Information provided: Begin
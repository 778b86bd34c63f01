-- ===== src/Middleware/Nonce.antt =====
-- CSP, InjectNonceMiddleware and CSPResponseWriter of src/middleware.go, and the pages that
-- servePage of src/server.go and ViewPaste of src/handlers_paste.go write through them.
use bincrypt.Prelude.{
  ℕ, zero, suc, ◌-◌, ◌||◌, [], ◌∷◌, ◌++◌, Option, none, some, Bytes, bytes_eq, codes, if◌then◌else◌,
  is_empty, length,
}
use bincrypt.Text.{has_prefix}
use bincrypt.Base64.{encode}
use bincrypt.Base64.Alphabet.{std_encoding}

-- generateCSPNonce: the 16 bytes that rand.Read gives, `none` for its error.
unfoldable pub generate_csp_nonce : Option Bytes → Option Bytes
generate_csp_nonce none = none
generate_csp_nonce (some entropy) = some (encode std_encoding entropy)

-- The secret FIREBASE_AUTH_DOMAIN is the argument.
unfoldable pub connect_sources : Bytes → Bytes
connect_sources firebase_domain =
    (if is_empty firebase_domain
      then codes "'self' "
      else codes "'self' https://" ++ firebase_domain)
    ++ codes " https://firebasestorage.googleapis.com https://challenges.cloudflare.com"

-- Content-Security-Policy
unfoldable pub policy : Bytes → Bytes → Bytes
unfolding connect_sources
policy nonce firebase_domain =
    codes "default-src 'self'; script-src 'self' 'nonce-"
    ++ nonce
    ++ codes "' https://challenges.cloudflare.com; style-src 'self' 'nonce-"
    ++ nonce
    ++ codes "'; font-src 'self'; img-src 'self' data:; connect-src "
    ++ connect_sources firebase_domain
    ++ codes "; frame-src https://challenges.cloudflare.com; object-src 'none'; base-uri 'self'; "
    ++ codes "form-action 'self'; frame-ancestors 'none'; block-all-mixed-content; "
    ++ codes "upgrade-insecure-requests"

-- What CSP puts into the request's context and into the header; `none` is answered with status 500.
unfoldable pub csp : Option Bytes → Bytes → Option (Bytes × Bytes)
unfolding generate_csp_nonce
csp entropy firebase_domain = elim (generate_csp_nonce entropy) [
  | none ↦ none
  | some nonce ↦ some (nonce, policy nonce firebase_domain)
]

abbrev pub placeholder : Bytes
placeholder = codes "{{CSP_NONCE}}"

-- strings.ReplaceAll of the placeholder, where the first `skip` bytes belong to one that has been
-- replaced.
unfoldable pub replace_from : Bytes → ℕ → Bytes → Bytes
replace_from nonce skip [] = []
replace_from nonce (suc skip) (c ∷ s) = replace_from nonce skip s
replace_from nonce zero (c ∷ s) =
    let replaced = replace_from nonce (length placeholder - 1) s in
    let kept = replace_from nonce zero s in
    if has_prefix (c ∷ s) placeholder then nonce ++ replaced else c ∷ kept

unfoldable pub inject_nonce : Bytes → Bytes → Bytes
unfolding replace_from
inject_nonce html nonce = replace_from nonce zero html

-- CSPResponseWriter.Write: what one call passes on.
unfoldable pub csp_write : Bytes → Bytes → Bytes → Bytes
unfolding inject_nonce
csp_write nonce content_type chunk =
    if bytes_eq content_type (codes "text/html; charset=utf-8")
      || bytes_eq content_type (codes "text/html")
    then inject_nonce chunk nonce
    else chunk

-- InjectNonceMiddleware: without a nonce in the context the writer is not wrapped.
unfoldable pub written : Bytes → Bytes → Bytes → Bytes
unfolding csp_write
written nonce content_type chunk =
    if is_empty nonce then chunk else csp_write nonce content_type chunk

-- A status and a body.
pub record Page : Type 0 where
  pub status : ℕ
  pub body : Bytes

abbrev html_type : Bytes
html_type = codes "text/html; charset=utf-8"

-- servePage, for what the embedded file holds, `none` if there is no such file. http.Error adds a
-- line feed.
unfoldable pub serve_page : Bytes → Option Bytes → Page
serve_page nonce none = record { status = 404; body = codes "Page not found\n" }
serve_page nonce (some content) = record { status = 200; body = written nonce html_type content }

-- ViewPaste, for static/viewer.html.
unfoldable pub view_paste : Bytes → Option Bytes → Page
view_paste nonce none = record { status = 500; body = codes "Viewer page not found\n" }
view_paste nonce (some content) = record { status = 200; body = written nonce html_type content }
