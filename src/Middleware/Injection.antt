-- ===== src/Middleware/Injection.antt =====
-- What a page becomes on its way through CSPResponseWriter of src/middleware.go.
use bincrypt.Prelude.{
  ℕ, ◌==◌, ◌&&◌, ◌+◌, ◌*◌, ◌≤◌, ◌≡◌, refl, ◌∙◌, ap, Bool, false, List, [], ◌∷◌, ◌++◌, some, Bytes,
  bytes_eq, codes, arith, length, length-append, All, is_empty,
}
use bincrypt.Text.{has_prefix, contains}
use bincrypt.Middleware.Nonce.{
  placeholder, replace_from, inject_nonce, csp_write, written, serve_page, view_paste,
}

-- The pieces of a page, with a text between them.
abbrev pub between : Bytes → List Bytes → Bytes
between text [] = []
between text (piece ∷ []) = piece
between text (piece ∷ next ∷ pieces) = piece ++ text ++ between text (next ∷ pieces)

-- All of the placeholder but its last byte.
abbrev open_placeholder : Bytes
open_placeholder = codes "{{CSP_NONCE}"

-- No placeholder begins in the piece, even if one follows it.
abbrev pub IsPiece : Bytes → Type 0
IsPiece piece = contains (piece ++ open_placeholder) placeholder ≡ false

has_prefix-append :
    (s t needle : Bytes)
    → length needle ≤ length s
    → has_prefix (s ++ t) needle ≡ has_prefix s needle
unfolding has_prefix
has_prefix-append s t [] h = ground arith
has_prefix-append [] t (n ∷ needle) h = absurd (ground arith)
has_prefix-append (c ∷ s) t (n ∷ needle) h =
    ap (λ (b : Bool). c == n && b) (has_prefix-append s t needle (omega arith))

has_prefix-more :
    (s t needle : Bytes) → has_prefix (s ++ t) needle ≡ false → has_prefix s needle ≡ false
unfolding has_prefix
has_prefix-more s t [] h = ground arith
has_prefix-more [] t (n ∷ needle) h = refl
has_prefix-more (c ∷ s) t (n ∷ needle) h = ground (arith, has_prefix-more s t needle)

IsPiece-cons :
    (c : ℕ) (p : Bytes)
    → IsPiece (c ∷ p)
    → (has_prefix (c ∷ p ++ open_placeholder) placeholder ≡ false) × IsPiece p
unfolding contains
IsPiece-cons c p h = (ground arith, ground arith)

split_placeholder :
    (p rest : Bytes) → p ++ placeholder ++ rest ≡ (p ++ open_placeholder) ++ b'}' ∷ rest
split_placeholder [] rest = refl
split_placeholder (c ∷ p) rest = ap (λ (s : Bytes). c ∷ s) (split_placeholder p rest)

no_placeholder :
    (c : ℕ) (p rest : Bytes)
    → IsPiece (c ∷ p)
    → has_prefix (c ∷ p ++ placeholder ++ rest) placeholder ≡ false
no_placeholder c p rest h = rw (split_placeholder (c ∷ p) rest) (
    has_prefix-append (c ∷ p ++ open_placeholder) (b'}' ∷ rest) placeholder
      (omega (arith, length-append p open_placeholder))
    ∙ (IsPiece-cons c p h).0)

replace-next :
    (nonce : Bytes) (c : ℕ) (s : Bytes)
    → has_prefix (c ∷ s) placeholder ≡ false
    → replace_from nonce 0 (c ∷ s) ≡ c ∷ replace_from nonce 0 s
unfolding replace_from
replace-next nonce c s h = ground arith

replace-placeholder :
    (nonce rest : Bytes)
    → replace_from nonce 0 (placeholder ++ rest) ≡ nonce ++ replace_from nonce 0 rest
unfolding replace_from has_prefix
replace-placeholder nonce rest = refl

replace-piece :
    (nonce p rest : Bytes)
    → IsPiece p
    → replace_from nonce 0 (p ++ placeholder ++ rest) ≡ p ++ nonce ++ replace_from nonce 0 rest
replace-piece nonce [] rest h = replace-placeholder nonce rest
replace-piece nonce (c ∷ p) rest h =
    replace-next nonce c (p ++ placeholder ++ rest) (no_placeholder c p rest h)
    ∙ ap (λ (s : Bytes). c ∷ s) (replace-piece nonce p rest (IsPiece-cons c p h).1)

replace-last : (nonce p : Bytes) → IsPiece p → replace_from nonce 0 p ≡ p
unfolding replace_from
replace-last nonce [] h = refl
replace-last nonce (c ∷ p) h =
    let (other, rest) = IsPiece-cons c p h in
    replace-next nonce c p (has_prefix-more (c ∷ p) open_placeholder placeholder other)
    ∙ ap (λ (s : Bytes). c ∷ s) (replace-last nonce p rest)

replace-between :
    (nonce : Bytes) (pieces : List Bytes)
    → All IsPiece pieces
    → replace_from nonce 0 (between placeholder pieces) ≡ between nonce pieces
unfolding replace_from
replace-between nonce [] h = refl
replace-between nonce (p ∷ []) (h, _) = replace-last nonce p h
replace-between nonce (p ∷ next ∷ pieces) (h, k) =
    replace-piece nonce p (between placeholder (next ∷ pieces)) h
    ∙ ap (λ (s : Bytes). p ++ nonce ++ s) (replace-between nonce (next ∷ pieces) k)

-- How many placeholders stand between the pieces.
abbrev pub gaps : List Bytes → ℕ
gaps [] = 0
gaps (piece ∷ []) = 0
gaps (piece ∷ next ∷ pieces) = 1 + gaps (next ∷ pieces)

abbrev total : List Bytes → ℕ
total [] = 0
total (piece ∷ pieces) = length piece + total pieces

length-between :
    (text : Bytes) (pieces : List Bytes)
    → length (between text pieces) ≡ total pieces + gaps pieces * length text
length-between text [] = omega arith
length-between text (p ∷ []) = omega arith
length-between text (p ∷ next ∷ pieces) =
    let rest = between text (next ∷ pieces) in
    omega (
      arith,
      length-append (p ++ text) rest,
      length-append p text,
      length-between text (next ∷ pieces),
    )

-- A page written in one call, as servePage and ViewPaste do, gets the nonce of the request, if that
-- is not empty, in the place of each placeholder, and is otherwise unchanged; its length changes by
-- the difference between the nonce's and the placeholder's for each of them. The page is given by
-- the pieces between its placeholders, in none of which a placeholder begins.
pub written-between :
    (nonce : Bytes) (pieces : List Bytes)
    → All IsPiece pieces
    → is_empty nonce ≡ false
    → let page = between placeholder pieces in
      (serve_page nonce (some page) ≡ record { status = 200; body = between nonce pieces })
      × (view_paste nonce (some page) ≡ record { status = 200; body = between nonce pieces })
      × (length (between nonce pieces) + gaps pieces * length placeholder
          ≡ length page + gaps pieces * length nonce)
unfolding serve_page view_paste written csp_write inject_nonce bytes_eq
written-between nonce pieces h some_nonce = (
  rw (some_nonce, replace-between nonce pieces h) refl,
  rw (some_nonce, replace-between nonce pieces h) refl,
  omega (arith, length-between nonce pieces, length-between placeholder pieces),
)
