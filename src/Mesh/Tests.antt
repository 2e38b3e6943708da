-- ===== src/Mesh/Tests.antt =====
-- Runs of graphics/src/SubMesh.cc and graphics/src/Mesh.cc over triples of numbers.
use ign_common.Common.{
  ℕ, ◌≡◌, ◌↔◌, refl, false, none, some, List, [], ◌∷◌, map, arith, ltb, get_elem?,
}
use mathlib.Core.Option
use ign_common.Common.Int.{pos}
use ign_common.Mesh.Grid.{Triple, triple, grid}
use ign_common.Mesh.SubMesh.{SubMesh, new_sub_mesh, max, min, max_index, vertex_count, index_count}
use ign_common.Mesh.Shape.{Arrays, flat, recalculate_normals}
use ign_common.Mesh.Whole.{Mesh, new_mesh, mesh_fill_arrays, sum_counts}
use ign_common.Mesh.Normals.{
  AreFaces, sum_faces, recalculate_normals_lem, recalculate_normals-AreFaces,
}
use ign_common.Mesh.Arrays.{IsPacked, all_vertices, corners_of, mesh_fill_arrays_lem}
use ign_common.Mesh.Extremes.{All, Any, IsStrict}
use ign_common.Mesh.Box.{along_x, HasCoordinates, box_lem}

-- A square of two triangles.
abbrev square : SubMesh grid
square = record (new_sub_mesh grid) {
  vertices = triple 1 1 0 ∷ triple 9 1 0 ∷ triple 1 9 0 ∷ triple 9 9 0 ∷ [];
  normals = triple 5 5 5 ∷ triple 5 5 5 ∷ triple 5 5 5 ∷ [];
  indices = 0 ∷ 1 ∷ 2 ∷ 1 ∷ 3 ∷ 2 ∷ [];
}

faces : AreFaces 4 square.indices
faces = (omega arith, omega arith, omega arith, (omega arith, omega arith, omega arith, tt))

recalculate_normals_lem_example :
    recalculate_normals grid square
    ≡ some (record square {
      normals =
          map (λ v. sum_faces grid square.vertices square.indices v (triple 0 0 0)) square.vertices;
    })
recalculate_normals_lem_example = recalculate_normals_lem grid square refl faces

recalculate_normals-AreFaces_example :
    ((t : SubMesh grid) × (recalculate_normals grid square ≡ some t)) ↔ AreFaces 4 square.indices
recalculate_normals-AreFaces_example = recalculate_normals-AreFaces grid square refl (omega arith)

new_normals :
    Option.map
      (λ (s : SubMesh grid). map (λ (v : Triple). v.y) s.normals)
      (recalculate_normals grid square)
    ≡ some (2 ∷ 4 ∷ 4 ∷ 2 ∷ [])
unfolding recalculate_normals
new_normals = refl

-- Two indices are no face.
broken_face : recalculate_normals grid (record square { indices = 0 ∷ 1 ∷ [] }) ≡ none
unfolding recalculate_normals
broken_face = refl

packed : IsPacked grid square
unfolding max_index
packed = record {
  below =
      (omega arith, (omega arith, (omega arith, (omega arith, (omega arith, (omega arith, tt))))));
  last = refl;
  used = omega arith;
  short = omega arith;
}

abbrev twice : Mesh grid
twice = record (new_mesh grid) { submeshes = square ∷ square ∷ [] }

mesh_fill_arrays_lem_example :
    (is : List ℕ) × (mesh_fill_arrays grid twice
      ≡ some (record {
        vert_arr = some (flat grid (all_vertices grid twice.submeshes));
        ind_arr = some (map pos is);
      }))
    × (map (get_elem? {A = Triple} (all_vertices grid twice.submeshes)) is
        ≡ corners_of grid twice.submeshes)
mesh_fill_arrays_lem_example =
    mesh_fill_arrays_lem grid twice (packed, (packed, tt)) (omega arith) (omega arith)

-- A vertex behind the last index shifts the indices of the next part too little.
loose_vertex :
    Option.map
      (λ (a : Arrays grid). a.ind_arr)
      (mesh_fill_arrays grid (record (new_mesh grid) {
        submeshes = (record square { indices = 0 ∷ 1 ∷ 2 ∷ [] }) ∷ square ∷ [];
      }))
    ≡ some (some (map pos (0 ∷ 1 ∷ 2 ∷ 3 ∷ 4 ∷ 5 ∷ 4 ∷ 6 ∷ 5 ∷ [])))
unfolding mesh_fill_arrays vertex_count index_count sum_counts
loose_vertex = refl

-- A part with vertices and no indices has no array to copy.
bare_part :
    mesh_fill_arrays grid
      (record (new_mesh grid) { submeshes = (record square { indices = [] }) ∷ [] })
    ≡ none
unfolding mesh_fill_arrays vertex_count index_count sum_counts
bare_part = refl

coordinates : HasCoordinates grid
coordinates = record {
  x-vector = λ a b c. refl;
  y-vector = λ a b c. refl;
  z-vector = λ a b c. refl;
}

strict : IsStrict {R = ℕ} ltb
strict = record {
  asym = λ a b e. ground (arith, e);
  trans = λ a b c d e. ground (arith, d, e);
  total = λ a b d e. ground (arith, d, e);
}

box_lem_example :
    All (λ (v : Triple). ltb (max grid square).x v.x ≡ false) square.vertices
    × All (λ (v : Triple). ltb v.x (min grid square).x ≡ false) square.vertices
    × Any (λ (v : Triple). v.x ≡ (max grid square).x) square.vertices
    × Any (λ (v : Triple). v.x ≡ (min grid square).x) square.vertices
box_lem_example =
    box_lem grid square along_x coordinates strict (omega arith)
      ((refl, refl), ((refl, refl), ((refl, refl), ((refl, refl), tt))))
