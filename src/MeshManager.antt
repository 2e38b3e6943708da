-- ===== src/MeshManager.antt =====
-- graphics/src/MeshManager.cc: the shapes that the mesh manager builds, and its meshes.
pub mod Strips
pub mod Cones
pub mod Built
pub mod Round
pub mod Conical
pub mod Tubular
pub mod Amounts
pub mod Flat
pub mod Manager
pub mod Polylines
pub mod Shapes
pub mod Cells
mod Tests
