-- ===== src/MeshManager/Strips.antt =====
-- graphics/src/MeshManager.cc: the sphere, the cylinder, the cone and the tube. The counts of rings and
-- segments are natural numbers; the sums of unsigned int wrap around.
use ign_common.Common.{ℕ, zero, suc, ◌+◌, ◌-◌, ◌%◌, ◌^◌, Bool, ◌==◌, if◌then◌else◌}
use ign_common.Mesh.SubMesh.{
  Geometry, SubMesh, new_sub_mesh, add_vertex, add_normal, add_tex_coord_uv, add_index,
  vertex_count,
}

-- The rounds of a for loop from `i` on.
unfoldable pub rounds : {S : Type 0} → (ℕ → S → S) → ℕ → ℕ → S → S
rounds f zero i s = s
rounds f (suc n) i s = rounds f n (suc i) (f i s)

-- A sum of unsigned int.
abbrev pub word : ℕ → ℕ
word n = n % 2 ^ 32

module _ (g : Geometry) where
  open g use {
    Real, Vector, number, pi, add, sub, mul, div, to_float, vector, plus, origin, normalize, z,
  }

  -- What the shapes use of float, and of the division of a vector.
  pub record Floats : Type 0 where
    pub fmul : Real → Real → Real
    pub fdiv : Real → Real → Real
    pub sinf : Real → Real
    pub cosf : Real → Real
    pub over : Vector → Real → Vector
    pub is_full_turn : Real → Bool

  -- A part that grows, and the index of its next vertex.
  pub record Strip : Type 0 where
    pub part : SubMesh g
    pub vertice_index : ℕ

  abbrev pub new_strip : Strip
  new_strip = record { part = new_sub_mesh g; vertice_index = 0 }

  -- A vertex with its normal and its texture coordinates.
  unfoldable pub add_point : Vector → Vector → Real → Real → SubMesh g → SubMesh g
  unfolding add_vertex add_normal add_tex_coord_uv
  add_point v n a b s = add_tex_coord_uv g a b (add_normal g n (add_vertex g v s))

  unfoldable pub add_triangle : ℕ → ℕ → ℕ → SubMesh g → SubMesh g
  unfolding add_index
  add_triangle a b c s = add_index g (word c) (add_index g (word b) (add_index g (word a) s))

  -- The two triangles between a vertex, the next one and those of the next ring.
  abbrev pub add_quad : ℕ → ℕ → SubMesh g → SubMesh g
  add_quad segments v s =
      add_triangle (v + segments + 1) (v + 1) v (add_triangle (v + segments + 1) v (v + segments) s)

  abbrev pub advance : SubMesh g → ℕ → Strip
  advance s v = record { part = s; vertice_index = word (v + 1) }

  module _ (fl : Floats) where
    open fl use {fmul, fdiv, sinf, cosf, over, is_full_turn}

    abbrev pub ratio : ℕ → ℕ → Real
    ratio a b = fdiv (number a) (number b)

    abbrev pub seg_angle : ℕ → ℕ → Real
    seg_angle segments seg =
        fmul (number seg) (to_float (div (mul (number 2) pi) (number segments)))

    -- One round of the inner loop of CreateSphere.
    unfoldable pub sphere_point : Real → ℕ → ℕ → ℕ → ℕ → Strip → Strip
    unfolding add_point add_triangle
    sphere_point radius rings segments ring seg st =
        let angle = fmul (number ring) (to_float (div pi (number rings))) in
        let r0 = fmul radius (sinf angle) in
        let vert =
          vector (fmul r0 (sinf (seg_angle segments seg))) (fmul radius (cosf angle))
            (fmul r0 (cosf (seg_angle segments seg))) in
        let s = add_point vert (normalize vert) (ratio seg segments) (ratio ring rings) st.part in
        if ring == rings
        then record st { part = s }
        else advance (add_quad segments st.vertice_index s) st.vertice_index

    unfoldable pub sphere_part : Real → ℕ → ℕ → SubMesh g
    unfolding rounds sphere_point
    sphere_part radius rings segments =
        (rounds (λ ring st. rounds (sphere_point radius rings segments ring) (segments + 1) 0 st)
          (rings + 1) 0 new_strip).part

    -- `ring * height/rings - height/2.0`
    abbrev pub ring_z : Real → ℕ → ℕ → Real
    ring_z height rings ring =
        sub (fdiv (fmul (number ring) height) (number rings)) (div height (number 2))

    -- One round of the inner loop of CreateCylinder.
    unfoldable pub cylinder_point : Real → Real → ℕ → ℕ → ℕ → ℕ → Strip → Strip
    unfolding add_point add_triangle
    cylinder_point radius height rings segments ring seg st =
        let a = fmul radius (sinf (seg_angle segments seg)) in
        let b = fmul radius (cosf (seg_angle segments seg)) in
        let s =
          add_point (vector a b (ring_z height rings ring)) (normalize (vector a b (number 0)))
            (ratio seg segments) (ratio ring rings) st.part in
        if ring == rings
        then record st { part = s }
        else advance (add_quad segments st.vertice_index s) st.vertice_index

    -- One round of a loop over the vertices of a cap.
    unfoldable pub cap_point : Real → Real → Real → Real → ℕ → ℕ → SubMesh g → SubMesh g
    unfolding add_point
    cap_point radius at_z up v segments seg s =
        add_point
          (vector (fmul radius (sinf (seg_angle segments seg)))
            (fmul radius (cosf (seg_angle segments seg))) at_z)
          (vector (number 0) (number 0) up) (ratio seg segments) v s

    -- `verticeIndex - segments + seg` and one less.
    abbrev pub fan_index : ℕ → ℕ → ℕ → ℕ
    fan_index v segments seg = word (v + (2 ^ 32 - segments % 2 ^ 32) + seg)

    abbrev pub fan_before : ℕ → ℕ → ℕ → ℕ
    fan_before v segments seg = word (v + (2 ^ 32 - segments % 2 ^ 32) + seg + (2 ^ 32 - 1))

    unfoldable pub top_fan : ℕ → ℕ → ℕ → SubMesh g → SubMesh g
    unfolding add_triangle
    top_fan v segments seg s =
        add_triangle v (fan_index v segments seg) (fan_before v segments seg) s

    unfoldable pub bottom_fan : ℕ → ℕ → ℕ → SubMesh g → SubMesh g
    unfolding add_triangle
    bottom_fan v segments seg s =
        add_triangle v (fan_before v segments seg) (fan_index v segments seg) s

    -- VertexCount() - 1
    abbrev pub last_vertex : SubMesh g → ℕ
    last_vertex s = word (vertex_count g s + (2 ^ 32 - 1))

    -- A cap of CreateCylinder: its ring, its middle and its fan.
    unfoldable pub cap :
        (ℕ → ℕ → ℕ → SubMesh g → SubMesh g) → Real → Real → Real → Real → ℕ → SubMesh g → SubMesh g
    unfolding rounds cap_point add_point
    cap fan radius at_z up v segments s =
        let ring = rounds (cap_point radius at_z up v segments) (segments + 1) 0 s in
        let closed =
          add_point (vector (number 0) (number 0) at_z) (vector (number 0) (number 0) up) (number 0)
            (number 0) ring in
        rounds (fan (last_vertex closed) segments) segments 0 closed

    unfoldable pub cylinder_part : Real → Real → ℕ → ℕ → SubMesh g
    unfolding rounds cylinder_point cap top_fan bottom_fan
    cylinder_part radius height rings segments =
        let side =
          rounds
            (λ ring st.
              rounds (cylinder_point radius height rings segments ring) (segments + 1) 0 st)
            (rings + 1) 0 new_strip in
        let top =
          cap top_fan radius (div height (number 2)) (number 1) (number 1) segments side.part in
        cap bottom_fan radius (div (g.neg height) (number 2)) (g.neg (number 1)) (number 0) segments
          top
Information provided: End
• _Description of the task_
Beginning with the line above that contains "((t : SubMesh", copy each line exactly up to and including the line that contains "-- Two indices are no face.", and go no further.

• _Answer to this task_
    ((t : SubMesh grid) × (recalculate_normals grid square ≡ some t)) ↔ AreFaces 4 square.indices
recalculate_normals-AreFaces_example = recalculate_normals-AreFaces grid square refl (omega arith)

new_normals :
    Option.map
      (λ (s : SubMesh grid). map (λ (v : Triple). v.y) s.normals)
      (recalculate_normals grid square)
    ≡ some (2 ∷ 4 ∷ 4 ∷ 2 ∷ [])
unfolding recalculate_normals
new_normals = refl

-- Two indices are no face.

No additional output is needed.